Sustainable Ultra Scale compuTing, dAta and energy Management
Ultra-scale systems are envisioned to comprise parallel and distributed computing infrastructure that will be two to three orders of magnitude larger than today’s systems, which will require cross fertilization among technologies including HPC, large-scale distributed systems, and big data management. Towards designing exascale infrastructure and while managing big data, researchers and industry are realizing that in addition to performance, they also need to consider other optimization criteria, such as sustainability, quality of service, fault tolerance, quality of usage, quality of experience, and energy efficiency. This poses several research challenges associated with ultra-scale systems that will be addressed by the “Sustainable Ultra Scale compuTing, dAta and energy Management” (SUSTAM) associate team:
- How to efficiently manage federations of large-scale heterogeneous resources?
- How to trace, trust and manage big data?
- How to profile energy usage and design energy-aware runtime systems?
SUSTAM aims to design a multi-criteria orchestration framework that manages resources, data and energy consumption in an efficient manner. The SUSTAM associate team will enable a long-term collaboration between the Inria Avalon and the RDI² team (Rutgers University). It will allow the teams to coordinate efforts and pursue common research activities in topics such as sustainable software solutions, resource and big-data management, elasticity of stream and batch applications, and energy efficiency. The involved members will contribute to the design of a common architecture and framework with components and algorithms adapted to various contexts.
The collaboration proposed by the SUSTAM associate team focuses on aspects of sustainability in ultra-scale systems. This focus reflects on the various mutual research interests of both RDI² and Avalon. The main goal of SUSTAM is to build a multi-criteria orchestration framework able to support the design and provision of sustainable ultra-scale systems. The main research direction include the exploration and research on three specific components, namely Large Scale Resource Management, Big Data Management and Energy Management. These components, detailed next, are the foundations for designing a common architecture and umbrella framework for sustainable ultra-scale systems. The three addressed components benefit from the expertise in both involved research teams.
Large Scale Resource Management
By focusing on schedulers and resource managers, SUSTAM explores the interfaces of middleware able to handle the heterogeneity of computing elements (GPUs, low-level processors, high-performance accelerators).
Big Data Management
This component improves the understanding of the data lifecycle, enable traceability of operations, and devise elastic and energy-efficient solutions for data stream processing.

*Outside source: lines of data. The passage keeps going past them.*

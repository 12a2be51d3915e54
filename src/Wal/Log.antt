-- ===== src/Wal/Log.antt =====
-- The operations of the log (internal/wal/wal.go) that the engine calls, with any errors, and the
-- log of `Writer` as such operations.
use aequitas_ledger.Prelude.{ℕ, Option, none, some, List, Result, ok, err}
use aequitas_ledger.Wal.Records.{LogRecord}
use aequitas_ledger.Wal.Segments.{WalError}
use aequitas_ledger.Wal.Writer.{Wal, append_batch, sync_log}

-- A write and a sync may fail, with what has been written so far left in the state.
pub record Log : Type 1 where
  pub State : Type 0
  pub Fault : Type 0
  pub append : List LogRecord → State → Result Fault ℕ × State
  pub sync : State → Result Fault (Unit {0}) × State
  pub last : State → ℕ

-- `none` is an append that has not ended within its fuel.
abbrev outcome : Wal → Option (Result WalError ℕ × Wal) → Result (Option WalError) ℕ × Wal
outcome w none = (err none, w)
outcome w (some (err e, w')) = (err (some e), w')
outcome w (some (ok lsn, w')) = (ok lsn, w')

abbrev pub wal_log : (List ℕ → ℕ) → Log
wal_log crc = record {
  State = Wal;
  Fault = Option WalError;
  append = λ rs w. outcome w (append_batch crc rs w);
  sync = λ w. (ok tt, sync_log w);
  last = λ w. w.current_lsn;
}
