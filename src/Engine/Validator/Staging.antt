-- ===== src/Engine/Validator/Staging.antt =====
-- `batchValidator` of internal/engine/transfers.go: copies of accounts and holds, and the snapshots
-- from which a failed chain is undone.
use aequitas_ledger.Prelude.{ℕ, Option, none, some, List, [], ◌∷◌, ◌++◌, ok, err, if◌then◌else◌}
use aequitas_ledger.Prelude.Exec
use aequitas_ledger.Prelude.Maps.{Map, lookup, insert, remove, contains}
use aequitas_ledger.Core.Errors.{LedgerError}
use aequitas_ledger.Core.Account.{Account}
use aequitas_ledger.Core.Transfer.{Transfer}
use aequitas_ledger.Engine.Accounts.{AccountManager, get}

-- `none` is a hold that the batch has settled in full or voided.
pub record PendingState : Type 0 where
  pub transfer : Option Transfer

-- `none` is a snapshot of what had not been loaded.
pub record AccountSnapshot : Type 0 where
  pub id : ℕ
  pub account : Option Account

pub record PendingSnapshot : Type 0 where
  pub id : ℕ
  pub state : Option PendingState

-- The staged accounts are only reached through the map, so its pointers are values here.
pub record BatchValidator : Type 0 where
  pub accounts : AccountManager
  pub staged : Map Account
  pub pending : Map PendingState
  pub seen_ids : Map ℕ
  pub acc_snaps : List AccountSnapshot
  pub pend_snaps : List PendingSnapshot
  pub acc_seen : Map (Unit {0})
  pub pend_seen : Map (Unit {0})

abbrev pub new_batch_validator : AccountManager → BatchValidator
new_batch_validator m = record {
  accounts = m;
  staged = [];
  pending = [];
  seen_ids = [];
  acc_snaps = [];
  pend_snaps = [];
  acc_seen = [];
  pend_seen = [];
}

unfoldable pub begin_chain : BatchValidator → BatchValidator
begin_chain v = record v { acc_snaps = []; pend_snaps = []; acc_seen = []; pend_seen = [] }

-- The snapshots are restored from the last to the first.
restore_accounts : List AccountSnapshot → Map Account → Map Account
restore_accounts [] m = m
restore_accounts (s ∷ ss) m =
    let later = restore_accounts ss m in
    elim s.account [ none ↦ remove s.id later | some a ↦ insert s.id a later ]

restore_holds : List PendingSnapshot → Map PendingState → Map PendingState
restore_holds [] m = m
restore_holds (s ∷ ss) m =
    let later = restore_holds ss m in
    elim s.state [ none ↦ remove s.id later | some p ↦ insert s.id p later ]

unfoldable pub rollback_chain : BatchValidator → BatchValidator
unfolding restore_accounts restore_holds
rollback_chain v = record v {
  staged = restore_accounts v.acc_snaps v.staged;
  pending = restore_holds v.pend_snaps v.pending;
}

abbrev pub Check : Type 0 → Type 0
Check A = Exec.Exec LedgerError BatchValidator A

-- An account of the manager is copied when it is first asked for.
unfoldable pub get_account : ℕ → Check Account
get_account id v = elim (lookup id v.staged) [
  | some a ↦ (ok a, v)
  | none ↦ elim (get v.accounts id) [
    | err e ↦ (err e, v)
    | ok a ↦ (ok a, record v { staged = insert id a v.staged })
  ]
]

unfoldable pub snapshot_account : ℕ → BatchValidator → BatchValidator
snapshot_account id v = if contains id v.acc_seen then v else record v {
  acc_seen = insert id tt v.acc_seen;
  acc_snaps = v.acc_snaps ++ record { id = id; account = lookup id v.staged } ∷ [];
}

unfoldable pub snapshot_pending : ℕ → BatchValidator → BatchValidator
snapshot_pending id v = if contains id v.pend_seen then v else record v {
  pend_seen = insert id tt v.pend_seen;
  pend_snaps = v.pend_snaps ++ record { id = id; state = lookup id v.pending } ∷ [];
}

-- The write through a staged pointer. The source stores the pointer once more under the account's
-- own id, which is the id that it was asked for by.
unfoldable pub stage : ℕ → Account → BatchValidator → BatchValidator
stage id a v = record v { staged = insert id a v.staged }

unfoldable pub stage_pending : ℕ → Option Transfer → BatchValidator → BatchValidator
stage_pending id t v = record v { pending = insert id (record { transfer = t }) v.pending }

Both Avalon and RDI² have experts on energy efficiency. The collaboration allows for pushing such topic to a new level by including energy proportionality capabilities; large and precise energy profiling combined with autonomic management of energy management capabilities and levers. Under this topic, SUSTAM also explores how an ultra-scale system can efficiently provision resources considering multiple energy sources (brown and renewable energy).